Segment Open
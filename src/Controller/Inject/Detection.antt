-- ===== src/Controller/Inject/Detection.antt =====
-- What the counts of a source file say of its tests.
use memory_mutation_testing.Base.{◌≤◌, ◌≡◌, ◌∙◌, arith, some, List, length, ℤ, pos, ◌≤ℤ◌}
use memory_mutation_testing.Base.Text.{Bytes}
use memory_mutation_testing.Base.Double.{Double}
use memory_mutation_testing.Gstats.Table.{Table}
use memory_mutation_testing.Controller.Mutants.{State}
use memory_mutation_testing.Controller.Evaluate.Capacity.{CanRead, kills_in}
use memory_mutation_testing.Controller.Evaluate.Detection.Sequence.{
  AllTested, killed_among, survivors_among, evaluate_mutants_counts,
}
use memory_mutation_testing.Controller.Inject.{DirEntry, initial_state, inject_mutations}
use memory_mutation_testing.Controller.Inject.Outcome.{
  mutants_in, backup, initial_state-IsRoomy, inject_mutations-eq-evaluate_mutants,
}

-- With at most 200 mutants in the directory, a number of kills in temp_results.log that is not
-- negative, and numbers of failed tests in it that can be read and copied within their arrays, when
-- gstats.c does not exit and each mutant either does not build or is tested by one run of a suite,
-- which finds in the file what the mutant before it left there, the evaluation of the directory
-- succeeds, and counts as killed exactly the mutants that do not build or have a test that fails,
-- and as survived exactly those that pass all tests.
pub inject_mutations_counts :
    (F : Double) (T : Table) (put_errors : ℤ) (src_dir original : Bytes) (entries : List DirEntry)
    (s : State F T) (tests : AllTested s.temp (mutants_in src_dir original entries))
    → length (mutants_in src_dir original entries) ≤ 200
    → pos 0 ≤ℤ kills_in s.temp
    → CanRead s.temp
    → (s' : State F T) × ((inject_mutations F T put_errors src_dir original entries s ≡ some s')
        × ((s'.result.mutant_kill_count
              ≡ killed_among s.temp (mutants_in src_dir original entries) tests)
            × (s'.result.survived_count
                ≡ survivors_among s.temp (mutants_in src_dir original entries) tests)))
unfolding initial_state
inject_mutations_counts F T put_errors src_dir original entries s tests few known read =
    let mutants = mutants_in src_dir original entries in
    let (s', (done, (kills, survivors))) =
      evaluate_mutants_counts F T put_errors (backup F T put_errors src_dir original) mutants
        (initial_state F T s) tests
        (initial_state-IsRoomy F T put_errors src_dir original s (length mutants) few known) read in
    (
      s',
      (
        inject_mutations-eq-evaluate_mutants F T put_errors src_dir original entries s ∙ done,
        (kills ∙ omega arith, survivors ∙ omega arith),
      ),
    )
Segment Closed
Segment Open
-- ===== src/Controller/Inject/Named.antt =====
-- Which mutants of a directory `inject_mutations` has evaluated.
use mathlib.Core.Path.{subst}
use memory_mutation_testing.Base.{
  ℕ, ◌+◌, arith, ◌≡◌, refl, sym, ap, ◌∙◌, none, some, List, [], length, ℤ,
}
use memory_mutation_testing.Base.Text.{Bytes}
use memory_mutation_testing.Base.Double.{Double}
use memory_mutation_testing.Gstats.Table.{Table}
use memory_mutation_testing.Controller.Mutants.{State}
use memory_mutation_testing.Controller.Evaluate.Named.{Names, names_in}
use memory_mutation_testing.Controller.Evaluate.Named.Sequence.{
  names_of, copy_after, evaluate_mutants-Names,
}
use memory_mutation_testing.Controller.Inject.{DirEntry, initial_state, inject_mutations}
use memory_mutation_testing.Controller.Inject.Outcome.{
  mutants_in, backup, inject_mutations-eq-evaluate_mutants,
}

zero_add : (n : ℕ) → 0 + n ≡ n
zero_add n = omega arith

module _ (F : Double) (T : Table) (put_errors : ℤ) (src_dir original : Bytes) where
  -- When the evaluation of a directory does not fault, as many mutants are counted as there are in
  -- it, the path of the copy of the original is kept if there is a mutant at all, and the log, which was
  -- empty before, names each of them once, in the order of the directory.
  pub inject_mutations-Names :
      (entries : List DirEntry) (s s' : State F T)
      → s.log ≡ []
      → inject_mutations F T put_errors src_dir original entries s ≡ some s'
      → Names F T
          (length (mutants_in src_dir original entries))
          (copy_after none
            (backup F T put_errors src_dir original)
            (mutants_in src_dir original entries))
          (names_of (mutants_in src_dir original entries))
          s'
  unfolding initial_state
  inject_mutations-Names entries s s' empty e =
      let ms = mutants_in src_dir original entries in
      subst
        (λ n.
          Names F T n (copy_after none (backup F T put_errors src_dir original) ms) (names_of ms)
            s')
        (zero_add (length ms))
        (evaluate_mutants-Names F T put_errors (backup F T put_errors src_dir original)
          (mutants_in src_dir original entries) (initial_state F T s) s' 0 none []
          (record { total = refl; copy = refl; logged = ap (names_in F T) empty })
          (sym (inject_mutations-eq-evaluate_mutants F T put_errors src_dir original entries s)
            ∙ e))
Segment Closed
◆ **EXERCISE REQUIREMENTS**: Would you show each line of the material above that contains the string "some"?

◆ **EXPECTED ANSWER**:
use memory_mutation_testing.Base.{◌≤◌, ◌≡◌, ◌∙◌, arith, some, List, length, ℤ, pos, ◌≤ℤ◌}
    → (s' : State F T) × ((inject_mutations F T put_errors src_dir original entries s ≡ some s')
  ℕ, ◌+◌, arith, ◌≡◌, refl, sym, ap, ◌∙◌, none, some, List, [], length, ℤ,
      → inject_mutations F T put_errors src_dir original entries s ≡ some s'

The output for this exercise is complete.